Submitted to: Veterinary Immunology and Immunopathology
Publication Type: Peer Reviewed Journal
Publication Acceptance Date: 4/1/1994
Publication Date: N/A
Citation: N/A

Interpretive Summary: This review article is an update on the status of the swine major histocompatibility complex; this complex became known because they encode the set of genes that determine whether tissue (kidney, bone marrow) transplants will be accepted or rejected; it is now better known as the complex of genes that encode the cell proteins that tell the body's immune system to respond to foreign antigens, e.g., the flu virus or a vaccine. The swine major histocompatibility complex is referred to as the swine leukocyte complex (SLA) complex. This manuscript reviews the genes that are known to map to the SLA complex, the reagents (monoclonal antibodies) that identify different cell proteins encoded by this complex, and the inbred lines of pigs that have been bred to homozygosity at this complex of genes. It also compares the SLA complex to the human (HLA) complex to show how similar the pig is to the human. Scientists using the swine as a model for disease studies or for transplantation will find this review updates them on the new developments in this complex area of swine genetics.
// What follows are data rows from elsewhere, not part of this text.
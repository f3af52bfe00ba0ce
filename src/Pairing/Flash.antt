-- ===== src/Pairing/Flash.antt =====
-- sensorsUnleashed/pairing.c: the file in which a device's pairs are kept, and what appends to it, reads it in
-- parts and removes it. Contiki's flash file system is `Flash` with the interface `Cfs`; a file
-- is the list of its bytes.
pub mod Remove
pub mod Scan
pub mod Stored
pub mod Refines
pub mod Restore
pub mod Restored
pub mod Parts
pub mod Tests
use contiki_device_link.Common.{
  ℕ, zero, suc, ◌+◌, ◌-◌, Bool, true, false, ◌&&◌, List, [], ◌∷◌, ◌++◌, Option, none, some,
  if◌then◌else◌, ◌==◌, leb, length, take, drop,
}
use contiki_device_link.Cmp.{Codec}
use contiki_device_link.Sensor.{JoinPair, Sensor}
use contiki_device_link.ReverseNotify.{Cfs, content}

abbrev pub Name : Type 0
Name = List ℕ

unfoldable pub equal_name : Name → Name → Bool
equal_name [] [] = true
equal_name [] (y ∷ ys) = false
equal_name (x ∷ xs) [] = false
equal_name (x ∷ xs) (y ∷ ys) = x == y && equal_name xs ys

-- the files by their names, and how many descriptors are open
pub record Flash : Type 0 where
  pub files : Name → Option (List ℕ)
  pub opened : ℕ

abbrev pub put : Flash → Name → Option (List ℕ) → Flash
put f name c = record f { files = λ n. if equal_name n name then c else f.files n }

-- "pairs_" and "temp"
abbrev pub pairs_ : Name
pairs_ = 112 ∷ 97 ∷ 105 ∷ 114 ∷ 115 ∷ 95 ∷ []

abbrev pub temp : Name
temp = 116 ∷ 101 ∷ 109 ∷ 112 ∷ []

-- `sprintf(filename, "pairs_%s", s->type)` into an array of `size` characters
unfoldable pub pairs_file : ℕ → Sensor → Option Name
pairs_file size s = if leb (length s.type + 7) size then some (pairs_ ++ s.type) else none

-- `cfs_open` needs a descriptor, which `can_open` tells. To read, the file must exist; to write, it is
-- created if there is none.
module _ (can_open : Flash → Name → Bool) where
  unfoldable pub open_read : Flash → Name → Option (Flash × List ℕ)
  open_read f name = elim (f.files name) [
    | none ↦ none
    | some bytes ↦
        if can_open f name then some (record f { opened = f.opened + 1 }, bytes) else none
  ]

  unfoldable pub open_write : Flash → Name → Option (Flash × List ℕ)
  open_write f name =
      let old = content (f.files name) in
      if can_open f name
      then some (record (put f name (some old)) { opened = f.opened + 1 }, old)
      else none

abbrev pub cfs_close : Flash → Flash
cfs_close f = record f { opened = f.opened - 1 }

-- what a call of `pairing_getlist` gives: `none` for -1
pub record Part : Type 0 where
  pub ret : Option ℕ
  pub buffer : List ℕ
  pub offset : ℕ

module _ (can_open : Flash → Name → Bool) where
  -- `pairing_getlist`; a file is closed again, so the flash stays.
  unfoldable pub pairing_getlist : Flash → Sensor → ℕ → ℕ → Option Part
  pairing_getlist f s len offset = elim (pairs_file 30 s) [
    | none ↦ none
    | some name ↦ elim (open_read can_open f name) [
      | none ↦ some (record { ret = none; buffer = []; offset = offset })
      | some (g, bytes) ↦
          let part = take len (drop offset bytes) in
          some (record { ret = some (length part); buffer = part; offset = offset + length part })
    ]
  ]

  -- `store_SensorPair`: behind what the file holds
  unfoldable pub store_sensor_pair : Codec → Flash → Sensor → List ℕ → Option Flash
  store_sensor_pair codec f s bytes = elim (pairs_file 30 s) [
    | none ↦ none
    | some name ↦ elim (open_write can_open f name) [
      | none ↦ some f
      | some (g, old) ↦ some (cfs_close (put g name (some (old ++ codec.write_bin bytes))))
    ]
  ]

-- `mmem_free` of the two URLs of every pair
unfoldable pub free_urls : {M : Type 0} → (M → List ℕ → M) → M → List JoinPair → M
free_urls mmem_free m [] = m
free_urls mmem_free m (p ∷ ps) = free_urls mmem_free (mmem_free (mmem_free m p.dsturl) p.srcurl) ps

pub record Removed (M : Type 0) : Type 0 where
  pub ret : ℕ
  pub device : Sensor
  pub mmem : M
  pub flash : Flash

-- `pairing_remove_all`. `cfs_remove` gives -1, which is 255 as the result, if there is no file. The blocks
-- of the pairs do not go back to their pool.
unfoldable pub pairing_remove_all :
    {M : Type 0} → (M → List ℕ → M) → M → Flash → Sensor → Option (Removed M)
unfolding pairs_file free_urls
pairing_remove_all mmem_free m f s = elim (pairs_file 30 s) [
  | none ↦ none
  | some name ↦ some (record {
    ret = (elim (f.files name) [ none ↦ 255 | some bytes ↦ 0 ]);
    device = record s { pairs = [] };
    mmem = free_urls mmem_free m s.pairs;
    flash = put f name none;
  })
]
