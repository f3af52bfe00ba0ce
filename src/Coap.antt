-- ===== src/Coap.antt =====
-- sensorsUnleashed/resources: the CoAP resources of the firmware. What a handler is given and gives through
-- Contiki's REST engine stands here, with the commands of a query and the state that the handlers
-- work on; `Get` and `Put` model res-susensors.c, `System` res-systeminfo.c.
pub mod Get
pub mod Put
pub mod System
pub mod Switch
pub mod Parts
pub mod Text
pub mod Sensors
pub mod Tests
use Prim.Native.Char.{code}
use Prim.Native.String as Literal
use Prim.Native.String.{String}
use contiki_device_link.Common.{
  ℕ, zero, suc, ◌+◌, Bool, true, false, List, [], ◌∷◌, Option, none, some, if◌then◌else◌, ◌==◌,
  length,
}
use contiki_device_link.Common.Int.{ℤ, pos}
use contiki_device_link.Cmp.{CmpObject, Codec}
use contiki_device_link.Sensor.{JoinPair, Driver}
use contiki_device_link.Device.{Device}
use contiki_device_link.Registry.{strncmp_equal, is_match}
use contiki_device_link.Pairing.{Assembly}
use contiki_device_link.Pairing.Flash.{Flash}

-- the characters of a literal
unfoldable pub characters : String → List ℕ
characters Literal.[] = []
characters (Literal.◌∷◌ c s) = code c ∷ characters s

-- REST.status
pub data Status : Type 0 where
  ok created changed deleted bad_request not_modified : Status
  internal_server_error request_entity_too_large : Status

-- What a handler reads of a request. `set_command` is the query's variable of that name.
pub record Request : Type 0 where
  pub is_octet_stream : Bool
  pub url : List ℕ
  pub query : List ℕ
  pub set_command : Option (List ℕ)
  pub payload : List ℕ
  pub block1_num : ℕ
  pub block1_size : ℕ
  pub block1_more : Bool

-- What a handler sets of a response; `payload_len` is the length that it gives the engine.
pub record Response : Type 0 where
  pub status : Option Status
  pub payload : List ℕ
  pub payload_len : ℤ
  pub max_age : Option ℕ
  pub block1 : Option (ℕ × ℕ)

abbrev pub unset : Response
unset = record { status = none; payload = []; payload_len = pos 0; max_age = none; block1 = none }

abbrev pub with_status : Status → Response
with_status s = record unset { status = some s }

abbrev pub with_payload : Response → List ℕ → Response
with_payload r bytes = record r { payload = bytes; payload_len = pos (length bytes) }

-- a status with a text
abbrev pub say : Response → Status → String → Response
say r s text = with_payload (record r { status = some s }) (characters text)

abbrev pub with_text : Status → String → Response
with_text s text = say unset s text

-- The chain `if(strncmp(str, …, len) == 0) … else if …`: the first command whose name the query is the
-- start of.
unfoldable pub find_command : {A : Type 0} → List (String × A) → List ℕ → Option A
find_command [] query = none
find_command ((name, c) ∷ cs) query =
    let rest = find_command cs query in
    if strncmp_equal (length query) query (characters name) then some c else rest

-- The functions of a driver; `none` is the call of a function that the driver does not have.
pub record Handlers (S : Type 0) : Type 0 where
  pub status : Device S → Option CmpObject
  pub value : Device S → ℤ → Option (ℕ × Device S)
  pub eventhandler : Device S → List ℕ → Option (ℕ × Device S)

-- The devices in the order of their list, the flash, the message that is assembled, the pool of pairs, the
-- memory of `mmem_alloc`, and the pairs posted to the process.
pub record Board (S P M : Type 0) : Type 0 where
  pub devices : List (Device S)
  pub flash : Flash
  pub assembly : Assembly
  pub pool : P
  pub mmem : M
  pub posted : List JoinPair

-- `susensors_find`, with the device's place
module _ {S : Type 0} (has_sub_resources : ℕ) where
  unfoldable pub find_device : List (Device S) → List ℕ → ℕ → Option (ℕ × Device S)
  find_device [] url len = none
  find_device (d ∷ ds) url len =
      let rest = find_device ds url len in
      if is_match has_sub_resources url len d.sensor
      then some (0, d)
      else elim rest [ none ↦ none | some (i, e) ↦ some (suc i, e) ]
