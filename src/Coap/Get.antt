-- ===== src/Coap/Get.antt =====
-- sensorsUnleashed/resources/res-susensors.c, `res_susensor_gethandler`.
use Prim.Native.String.{String}
use contiki_device_link.Common.{
  ℕ, zero, Bool, List, [], ◌∷◌, Option, none, some, if◌then◌else◌, ◌==◌, ltb, length,
}
use contiki_device_link.Common.Int.{ℤ, pos, negsuc}
use contiki_device_link.Cmp.{CmpObject, Codec}
use contiki_device_link.Sensor.{Sensor}
use contiki_device_link.Sensor.Config.{
  ConfigCmd, aevent_get, bevent_get, cevent_get, rangemin_get, rangemax_get, eventstate_get,
  eventsetup_get, object, bytes, Reply, suconfig, cp_encode_object,
}
use contiki_device_link.Device.{Device}
use contiki_device_link.Pairing.Flash.{Name, Flash, pairing_getlist}
use contiki_device_link.Coap.{
  ok, bad_request, Request, Response, unset, with_status, with_payload, find_command, Handlers,
  Board, find_device,
}

-- what a query asks for: a setting with an age for the answer, the setup, or the list of pairs
pub data GetCommand : Type 0 where
  setting : ConfigCmd → Option ℕ → GetCommand
  event_setup pairings : GetCommand

abbrev get_commands : List (String × GetCommand)
get_commands =
    ("AboveEventAt", setting aevent_get (some 3600))
    ∷ ("BelowEventAt", setting bevent_get (some 3600))
    ∷ ("ChangeEventAt", setting cevent_get (some 3600))
    ∷ ("RangeMin", setting rangemin_get none)
    ∷ ("RangeMax", setting rangemax_get none)
    ∷ ("getEventState", setting eventstate_get none)
    ∷ ("getEventSetup", event_setup)
    ∷ ("pairings", pairings)
    ∷ []

-- the object that a call of `suconfig` wrote, if it returned 0
unfoldable pub object_of : Reply → Option CmpObject
object_of r = elim (r.ret) [
  | pos zero ↦ elim (r.output) [ object o ↦ some o | _ ↦ none ]
  | _ ↦ none
]

-- what a handler gives: the response, and `*offset`
abbrev pub Answer : Type 0
Answer = Response × ℤ

module _ (codec : Codec) where
  -- the end of the handler, for a `len` that is not 0
  unfoldable pub send_object : Response → Option CmpObject → Response
  send_object r none = r
  send_object r (some o) = with_payload (record r { status = some ok }) (cp_encode_object codec o)

  -- The answer to "getEventSetup" has the length that `suconfig` returns.
  unfoldable pub send_setup : Sensor → Response
  send_setup s =
      let r = suconfig codec s eventsetup_get [] in
      record unset { payload = (elim (r.output) [ bytes b ↦ b | _ ↦ [] ]); payload_len = r.ret }

  module _ (can_open : Flash → Name → Bool) where
    unfoldable pub send_pairings : Flash → Sensor → ℕ → ℕ → Option Answer
    send_pairings f s preferred_size offset =
        elim (pairing_getlist can_open f s preferred_size offset) [
          | none ↦ none
          | some p ↦ some (elim (p.ret) [
            | none ↦ (with_status bad_request, pos p.offset)
            | some ret ↦ (
              with_payload unset p.buffer,
              (if ltb ret preferred_size then negsuc 0 else pos p.offset),
            )
          ])
        ]

    unfoldable pub get_command : Flash → Sensor → ℕ → ℕ → Option GetCommand → Option Answer
    get_command f s preferred_size offset none = some (unset, pos offset)
    get_command f s preferred_size offset (some event_setup) = some (send_setup s, pos offset)
    get_command f s preferred_size offset (some pairings) = send_pairings f s preferred_size offset
    get_command f s preferred_size offset (some (setting c max_age)) = some (
      send_object (record unset { max_age = max_age }) (object_of (suconfig codec s c [])),
      pos offset,
    )

    module _ {S : Type 0} (has_sub_resources : ℕ) (handlers : Device S → Handlers S) where
      unfoldable pub get_device : Flash → Device S → Request → ℕ → ℕ → Option Answer
      get_device f d request preferred_size offset =
          if length request.query == 0
          then some
              (send_object (record unset { max_age = some 30 }) ((handlers d).status d), pos offset)
          else get_command f d.sensor preferred_size offset
              (find_command get_commands request.query)

      unfoldable pub res_susensor_gethandler :
          {P M : Type 0} → Board S P M → Request → ℕ → ℕ → Option Answer
      res_susensor_gethandler b request preferred_size offset =
          elim (find_device has_sub_resources b.devices request.url (length request.url)) [
            | none ↦ some (unset, pos offset)
            | some (i, d) ↦ get_device b.flash d request preferred_size offset
          ]
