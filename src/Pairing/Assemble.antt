-- ===== src/Pairing/Assemble.antt =====
-- The assembly of a pairing message from its parts.
use contiki_device_link.Common.{
  take-append, ℕ, ◌+◌, ◌≤◌, ◌<◌, ◌≡◌, refl, sym, ap, ◌∙◌, List, [], ◌∷◌, ◌++◌, Option, none, some,
  if◌then◌else◌, ◌==◌, length, take, drop, replicate, arith, length-append, length-take,
  length-drop, length-replicate, append_assoc, append-nil, subst,
}
use contiki_device_link.Uart.Proxy.{copy_to}
use contiki_device_link.Pairing.{buffersize, Assembly, cleared, pairing_assemble_message}

-- the parts from number `num` on, one after the other: `none` if one is refused
unfoldable pub assemble : Assembly → List (List ℕ) → ℕ → Option Assembly
assemble a [] num = some a
assemble a (part ∷ parts) num = elim (pairing_assemble_message a part num) [
  | none ↦ none
  | some (ret, b) ↦ if ret == 0 then assemble b parts (num + 1) else none
]

abbrev pub joined : List (List ℕ) → List ℕ
joined [] = []
joined (part ∷ parts) = part ++ joined parts

-- The buffer has its size, and holds `bytes` up to `bufsize`.
pub record IsAssembled (a : Assembly) (bytes : List ℕ) : Type 0 where
  pub size : length a.buffer ≡ buffersize
  pub counted : a.bufsize ≡ length bytes
  pub held : take a.bufsize a.buffer ≡ bytes

abbrev extended : Assembly → List ℕ → Assembly
extended a part = record {
  buffer = take a.bufsize a.buffer ++ (part ++ drop (a.bufsize + length part) a.buffer);
  bufsize = a.bufsize + length part;
}

-- One part: stored behind the ones before it, or refused with 1 if the buffer has no room for it.
pub pairing_assemble_message-IsAssembled :
    (a : Assembly) (bytes part : List ℕ) (num : ℕ)
    → IsAssembled a bytes
    → 0 < num
    → (length bytes + length part ≤ buffersize
        → (b : Assembly) × (pairing_assemble_message a part num ≡ some (0, b))
          × IsAssembled b (bytes ++ part))
      × (buffersize < length bytes + length part
          → pairing_assemble_message a part num ≡ some (1, a))
unfolding pairing_assemble_message cleared copy_to
pairing_assemble_message-IsAssembled a bytes part num v later = (
  (λ fits.
      (extended a part, ground (arith, v.size, v.counted, fits, later), extended-IsAssembled fits)),
  (λ over. ground (arith, v.size, v.counted, over, later)),
)
  where
    extended-IsAssembled :
        length bytes + length part ≤ buffersize → IsAssembled (extended a part) (bytes ++ part)
    extended-IsAssembled fits = record {
      size =
          length-append (take a.bufsize a.buffer) (part ++ drop (a.bufsize + length part) a.buffer)
          ∙ omega (
            arith,
            length-append part (drop (a.bufsize + length part) a.buffer),
            length-take a.bufsize a.buffer,
            length-drop (a.bufsize + length part) a.buffer,
            v.size,
            v.counted,
            fits,
          );
      counted = omega (arith, v.counted, length-append bytes part);
      held =
          ap (λ l. take (a.bufsize + length part) l)
            (ap (λ l. l ++ (part ++ drop (a.bufsize + length part) a.buffer)) v.held
              ∙ sym (append_assoc bytes part (drop (a.bufsize + length part) a.buffer)))
          ∙ (ap (λ n. take n ((bytes ++ part) ++ drop (a.bufsize + length part) a.buffer))
                (omega (arith, v.counted, length-append bytes part))
              ∙ take-append (bytes ++ part) (drop (a.bufsize + length part) a.buffer));
    }

assemble_from :
    (parts : List (List ℕ)) (a : Assembly) (bytes : List ℕ) (num : ℕ)
    → IsAssembled a bytes
    → 0 < num
    → length bytes + length (joined parts) ≤ buffersize
    → (b : Assembly) × (assemble a parts num ≡ some b) × IsAssembled b (bytes ++ joined parts)
unfolding assemble
assemble_from [] a bytes num v later fits =
    (a, refl, subst (IsAssembled a) (sym (append-nil bytes)) v)
assemble_from (part ∷ parts) a bytes num v later fits =
    let (b, stored, w) =
      (pairing_assemble_message-IsAssembled a bytes part num v later).0
        (omega (arith, fits, length-append part (joined parts))) in
    let (c, rest, x) =
      assemble_from parts b (bytes ++ part) (num + 1) w (omega arith)
        (omega (arith, fits, length-append part (joined parts), length-append bytes part)) in
    (
      c,
      rw (stored, assemble) rest,
      subst (IsAssembled c) (append_assoc bytes part (joined parts)) x,
    )

abbrev empty : Assembly
empty = record { buffer = replicate buffersize 0; bufsize = 0 }

empty-IsAssembled : IsAssembled empty []
empty-IsAssembled = record {
  size = length-replicate {A = ℕ} buffersize 0;
  counted = refl;
  held = refl;
}

first_clears :
    (a : Assembly) (part : List ℕ)
    → pairing_assemble_message a part 0 ≡ pairing_assemble_message empty part 1
unfolding pairing_assemble_message cleared
first_clears a part = refl

-- The parts of a message, numbered from 0, are assembled whatever was in the buffer before: if they
-- fit it together, none is refused, and the buffer holds them joined.
pub assemble-IsAssembled :
    (a : Assembly) (part : List ℕ) (parts : List (List ℕ))
    → length (joined (part ∷ parts)) ≤ buffersize
    → (b : Assembly) × (assemble a (part ∷ parts) 0 ≡ some b)
      × IsAssembled b (joined (part ∷ parts))
unfolding assemble
assemble-IsAssembled a part parts fits =
    let (b, stored, w) =
      (pairing_assemble_message-IsAssembled empty [] part 1 empty-IsAssembled (omega arith)).0
        (omega (arith, fits, length-append part (joined parts))) in
    let (c, rest, x) =
      assemble_from parts b part 1 w (omega arith)
        (omega (arith, fits, length-append part (joined parts))) in
    (c, rw (first_clears a part ∙ stored, assemble) rest, x)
Technical Abstract: As immunologists expand their knowledge of the complex factors that regulate immune responses it has become increasingly apparent that genes within the major histocompatibility complex (MHC) play a central role in the processing and presentation of foreign and self antigens. This review is intended to update the reader on the current knowledge of the swine leukocyte antigen (SLA) complex: its genomic structure, the molecular biologic and monoclonal antibody (mAb) probes available for analysis of SLA gene expression, and the role of SLA genes in regulating disease and immune responses. Because of length restrictions, only highlights can be presented.